I have a cnn as below for cifar10:

```
self.layer1 = nn.Sequential(
nn.Conv2d(3, 64, kernel_size= 3),
nn.BatchNorm2d(64),
nn.ReLU(),
nn.MaxPool2d(kernel_size=2))
self.layer2 = nn.Sequential(
nn.Conv2d(64, 128, kernel_size= 3),
nn.BatchNorm2d(128),
nn.ReLU(),
nn.MaxPool2d(kernel_size=2))
self.layer3 = nn.Sequential(
nn.Conv2d(128, 256, kernel_size= 3),
nn.BatchNorm2d(256),
nn.ReLU())
self.layer4 =nn.AvgPool2d(8)
self.layer5 =nn.Linear(256, num_classes)
self.layer6 =nn.Softmax(dim=1)
def forward(self, x):
out = self.layer1(x)
out = self.layer2(out)
out = self.layer3(out)
out = self.layer4(out)
out = out.reshape(out.size(0), -1)
out = self.layer5(out)
out = self.layer6(out)
return out
```

```
criterion = nn.CrossEntropyLoss()
optimizer = torch.optim.SGD(model.parameters(), lr=0.01, momentum=0.9, weight_decay = 0.0005)
```

I am training this network for 20 epochs, and I use the below data augmentation methods.

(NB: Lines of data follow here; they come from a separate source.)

-- ===== src/State/Safety/Commit.antt =====
-- A commit that is refused.
use agentops_open_course.Prelude.{◌≡◌, refl, List, [], ◌∷◌, none, some}
use agentops_open_course.State.Maps.{lookup}
use agentops_open_course.State.Disk.{
  Digest, prepared, committed, fails, Event, io_failed, raised, after, attempt, io,
}
use agentops_open_course.State.Journal.{create_temporary, write_restore_journal}
use agentops_open_course.State.Rollback.{
  discard_owned_journal_temporary, set_restore_phase, cleanup_restore_transaction,
}
use agentops_open_course.State.Restore.{rethrow, unwind_journal, unwind_restore, unwinding}
use agentops_open_course.State.Logic.{View, machine}
use agentops_open_course.State.Safety.Invariant.{
  Transaction, Recoverable, is_prepared, old_generation, journal_at, recorded,
}
use agentops_open_course.State.Safety.Recover.{IsPrepared-with}
use agentops_open_course.State.Safety.Install.{InstallsFrom, installed_files}

module _ ⦃digest : Digest⦄ (x : Transaction) where
  abbrev believed : View → View
  believed v = record v { held = some (journal_at x committed) }

  refused :
      (v : View) (s : List Event)
      → v.temporary ≡ none
      → unwinding x.id (
          after
            (set_restore_phase (journal_at x prepared) committed (machine x.id v) (fails ∷ s))
            (λ _. cleanup_restore_transaction (journal_at x prepared)))
        ≡ raised io_failed (machine x.id (believed v)) s
  unfolding set_restore_phase discard_owned_journal_temporary write_restore_journal create_temporary
      attempt io unwinding rethrow unwind_restore unwind_journal lookup
  refused v s e = rw e refl

  -- When all of the new generation is live and the temporary of the journal cannot be created for the
  -- commit, a restore returns that error and rolls nothing back: the new generation stays live, under
  -- a journal that says `prepared`, from which recovery takes the directory to the old generation.
  pub failed_commit :
      (v : View) (s : List Event)
      → InstallsFrom x [] v
      → v.temporary ≡ none
      → (unwinding x.id (
            after
              (set_restore_phase (journal_at x prepared) committed (machine x.id v) (fails ∷ s))
              (λ _. cleanup_restore_transaction (journal_at x prepared)))
          ≡ raised io_failed (machine x.id (believed v)) s)
        × (v.live ≡ x.new_files)
        × (v.journal ≡ recorded x prepared)
        × Recoverable x old_generation (believed v)
  failed_commit v s p e =
      let i = p.owing.is_prepared in
      (
        refused v s e,
        installed_files x v p,
        i.journal,
        is_prepared (IsPrepared-with x v v.temporary (some (journal_at x committed)) i),
      )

1- random crop(32, padding=4)

2- random horizontal flip

3- normalization

4- random affine for horizontal and vertical translation

5- mixup(alpha=1.0)

6- cutout(num_holes=1, size=16)

Each time I add a new data augmentation after normalization(4,5,6), my validation accuracy decreases from 60% to 50%. I know if the model’s capacity is low it is possible.

However, when I train this network on keras for 20 epochs, using the same data augmentation methods, I can reach over 70% validation accuracy.

What am I missing?

Note: in keras implementation convolution and dense layers have L2 kernel regularization, in pytorch implementation only the optimizer has L2. Could that be the reason?